__Prompt__:
Once you reach the line containing "pub ruleset keeps_rules", reproduce it and every later line exactly, through the end of the data.

__Dataset extract__:

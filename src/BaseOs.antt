-- ===== src/BaseOs.antt =====
-- The updater of the base system, assets/runtime/xaac_base_os_update_runtime.py.
mod Runtime
mod Sources
mod Trust
mod Checks
mod Plan
mod Simulation
mod Check
mod Apply
mod Looks
mod Quiet
mod Sample
mod UpgradeTests
mod Tests
unfoldable pub use Runtime.*
unfoldable pub use Sources.*
unfoldable pub use Trust.*
unfoldable pub use Checks.*
unfoldable pub use Plan.*
unfoldable pub use Simulation.*
unfoldable pub use Check.*
unfoldable pub use Apply.*
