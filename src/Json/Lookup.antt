-- ===== src/Json/Lookup.antt =====
-- What a lookup finds after a key was set.
use xaac_thin_client_os.Base.{
  String, List, [], ◌∷◌, ◌≡◌, refl, ap, false, str_eq, eq_iff, eq_refl, arith,
}
use xaac_thin_client_os.Json.{Json, Fields, end, field, get, set_field, elements, items}

pub elements-items : (vs : List Json) → elements (items vs) ≡ vs
elements-items [] = refl
elements-items (v ∷ vs) = ap (λ (l : List Json). v ∷ l) (elements-items vs)

pub get-set_field : (k : String) (v : Json) (fs : Fields) → get k (set_field k v fs) ≡ v
get-set_field k v end = rw (eq_refl k)
get-set_field k v (field j u fs) = ground (arith, eq_iff j k, eq_refl k, get-set_field k v fs)

pub get-set_other :
    (k j : String) (v : Json) (fs : Fields)
    → str_eq k j ≡ false
    → get j (set_field k v fs) ≡ get j fs
get-set_other k j v end h = rw h
get-set_other k j v (field i u fs) h = ground (arith, eq_iff i k, h, get-set_other k j v fs h)
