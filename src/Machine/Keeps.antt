-- ===== src/Machine/Keeps.antt =====
-- Properties of the record of effects that a run keeps, one rule for each way to build a run.
use xaac_thin_client_os.Base.{
  ℕ, Bool, true, false, String, Option, none, some, List, [], ◌∷◌, if◌then◌else◌,
}
use xaac_thin_client_os.Machine.State.{World, Host, Event, ran, Disk, Outcome, refused, completed}
use xaac_thin_client_os.Machine.Monad.{continue, settle, apply_effect}
use xaac_thin_client_os.Machine.Monad.{
  M, Exc, runtime_error, failure, handled, catch, Result, ok, err, pure, raise, gets, or_raise,
  ◌>>=◌, try, raise_if, when, and_then, for_each, traverse, fold, effect, fresh, ask,
}
use xaac_thin_client_os.Machine.Commands.{run, answer}

-- Whether the run returns or raises, the property passes from the effects before it to those
-- after it.
pub record Keeps {A : Type 0} (P : List Event → Type 0) (m : M A) : Type 0 where
  pub at : (w : World) → P w.trace → P (m w).1.trace

module _ {A : Type 0} {P : List Event → Type 0} where
  pub Keeps-pure : (a : A) → Keeps P (pure a)
  unfolding pure
  Keeps-pure a = record { at = λ w h. h }

  pub Keeps-raise : (e : Exc) → Keeps P (raise {A = A} e)
  unfolding raise
  Keeps-raise e = record { at = λ w h. h }

  pub Keeps-gets : (f : World → A) → Keeps P (gets f)
  unfolding gets
  Keeps-gets f = record { at = λ w h. h }

  pub Keeps-or_raise : (o : Option A) (e : Exc) → Keeps P (or_raise o e)
  Keeps-or_raise none e = Keeps-raise e
  Keeps-or_raise (some a) e = Keeps-pure a

  pub Keeps-if : (b : Bool) (m n : M A) → Keeps P m → Keeps P n → Keeps P (if b then m else n)
  Keeps-if true m n km kn = km
  Keeps-if false m n km kn = kn

  pub Keeps-elim :
      (b : Bool) (m n : M A) → Keeps P m → Keeps P n → Keeps P (elim b [ true ↦ m | false ↦ n ])
  Keeps-elim true m n km kn = km
  Keeps-elim false m n km kn = kn

module _ {A B : Type 0} {P : List Event → Type 0} where
  continue-keeps :
      (r : Result A) (f : A → M B) (w : World)
      → ((a : A) → Keeps P (f a))
      → P w.trace
      → P (continue r f w).1.trace
  unfolding raise
  continue-keeps (ok a) f w kf h = (kf a).at w h
  continue-keeps (err e) f w kf h = h

  pub Keeps-bind :
      (m : M A) (f : A → M B) → Keeps P m → ((a : A) → Keeps P (f a)) → Keeps P (m >>= f)
  unfolding ◌>>=◌
  Keeps-bind m f km kf = record { at = λ w h. continue-keeps (m w).0 f (m w).1 kf (km.at w h) }

  settle-keeps :
      (r : Result A) (f : A → M B) (g : Exc → M B) (w : World)
      → ((a : A) → Keeps P (f a))
      → ((e : Exc) → Keeps P (g e))
      → P w.trace
      → P (settle r f g w).1.trace
  settle-keeps (ok a) f g w kf kg h = (kf a).at w h
  settle-keeps (err e) f g w kf kg h = (kg e).at w h

  pub Keeps-try :
      (m : M A) (f : A → M B) (g : Exc → M B)
      → Keeps P m
      → ((a : A) → Keeps P (f a))
      → ((e : Exc) → Keeps P (g e))
      → Keeps P (try m f g)
  unfolding try
  Keeps-try m f g km kf kg = record {
    at = λ w h. settle-keeps (m w).0 f g (m w).1 kf kg (km.at w h);
  }

module _ {A : Type 0} {P : List Event → Type 0} where
  handled-Keeps :
      (h : String → M A) (e : Exc) → ((s : String) → Keeps P (h s)) → Keeps P (handled h e)
  handled-Keeps h (runtime_error s) k = k s
  handled-Keeps h (failure s) k = Keeps-raise (failure s)

  pub Keeps-catch :
      (m : M A) (h : String → M A)
      → Keeps P m
      → ((s : String) → Keeps P (h s))
      → Keeps P (catch m h)
  unfolding catch
  Keeps-catch m h km kh =
      Keeps-try m pure (handled h) km (λ a. Keeps-pure a) (λ e. handled-Keeps h e kh)

module _ {P : List Event → Type 0} where
  pub Keeps-raise_if : (b : Bool) (e : Exc) → Keeps P (raise_if b e)
  Keeps-raise_if true e = Keeps-raise e
  Keeps-raise_if false e = Keeps-pure tt

  pub Keeps-when : (b : Bool) (m : M (Unit {0})) → Keeps P m → Keeps P (when b m)
  Keeps-when true m km = km
  Keeps-when false m km = Keeps-pure tt

  pub Keeps-and_then : (b : Bool) (m : M Bool) → Keeps P m → Keeps P (and_then b m)
  Keeps-and_then true m km = km
  Keeps-and_then false m km = Keeps-pure false

  pub Keeps-fresh : (f : Host → ℕ → String) → Keeps P (fresh f)
  unfolding fresh
  Keeps-fresh f = record { at = λ w h. h }

  pub Keeps-ask : (f : Host → ℕ → Bool) → Keeps P (ask f)
  unfolding ask
  Keeps-ask f = record { at = λ w h. h }

  apply_effect-keeps :
      (o : Option String) (e : Event) (f : Disk → Disk) (w : World)
      → ((t : List Event) → P t → P (e ∷ t))
      → P w.trace
      → P (apply_effect o e f w).1.trace
  apply_effect-keeps none e f w step h = step w.trace h
  apply_effect-keeps (some why) e f w step h = h

  -- An effect that the operating system refuses leaves no mark.
  pub Keeps-effect :
      (e : Event) (f : Disk → Disk) → ((t : List Event) → P t → P (e ∷ t)) → Keeps P (effect e f)
  unfolding effect
  Keeps-effect e f step = record {
    at = λ w h. apply_effect-keeps (w.host.fault w.time e) e f w step h;
  }

  answer-keeps :
      (o : Outcome × Disk) (c : List String) (w : World)
      → ((t : List Event) → P t → P (ran c ∷ t))
      → P w.trace
      → P (answer o c w).1.trace
  answer-keeps (refused why, d) c w step h = step w.trace h
  answer-keeps (completed code out error, d) c w step h = step w.trace h

  pub Keeps-run : (c : List String) → ((t : List Event) → P t → P (ran c ∷ t)) → Keeps P (run c)
  unfolding run
  Keeps-run c step = record { at = λ w h. answer-keeps (w.host.exec w.time c w.disk) c w step h }

module _ {A : Type 0} {P : List Event → Type 0} where
  pub Keeps-for_each :
      (xs : List A) (body : A → M (Unit {0}))
      → ((a : A) → Keeps P (body a))
      → Keeps P (for_each xs body)
  unfolding for_each
  Keeps-for_each [] body k = Keeps-pure tt
  Keeps-for_each (x ∷ xs) body k =
      Keeps-bind (body x) (λ _. for_each xs body) (k x) (λ _. Keeps-for_each xs body k)

module _ {A B : Type 0} {P : List Event → Type 0} where
  pub Keeps-traverse :
      (xs : List A) (body : A → M B) → ((a : A) → Keeps P (body a)) → Keeps P (traverse xs body)
  unfolding traverse
  Keeps-traverse [] body k = Keeps-pure []
  Keeps-traverse (x ∷ xs) body k =
      Keeps-bind (body x) _ (k x) (λ b.
        Keeps-bind (traverse xs body) _ (Keeps-traverse xs body k) (λ bs. Keeps-pure (b ∷ bs)))

  pub Keeps-fold :
      (acc : B) (xs : List A) (body : B → A → M B)
      → ((b : B) (a : A) → Keeps P (body b a))
      → Keeps P (fold acc xs body)
  unfolding fold
  Keeps-fold acc [] body k = Keeps-pure acc
  Keeps-fold acc (x ∷ xs) body k = Keeps-bind (body acc x) _ (k acc x) (λ b. Keeps-fold b xs body k)

pub ruleset keeps_rules = (
  Keeps-pure, Keeps-raise, Keeps-gets, Keeps-or_raise, Keeps-if, Keeps-bind, Keeps-try, Keeps-catch,
  Keeps-raise_if, Keeps-when, Keeps-and_then, Keeps-fresh, Keeps-ask, Keeps-for_each,
  Keeps-traverse, Keeps-fold,
)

__Exercise response__:
pub ruleset keeps_rules = (
  Keeps-pure, Keeps-raise, Keeps-gets, Keeps-or_raise, Keeps-if, Keeps-bind, Keeps-try, Keeps-catch,
  Keeps-raise_if, Keeps-when, Keeps-and_then, Keeps-fresh, Keeps-ask, Keeps-for_each,
  Keeps-traverse, Keeps-fold,
)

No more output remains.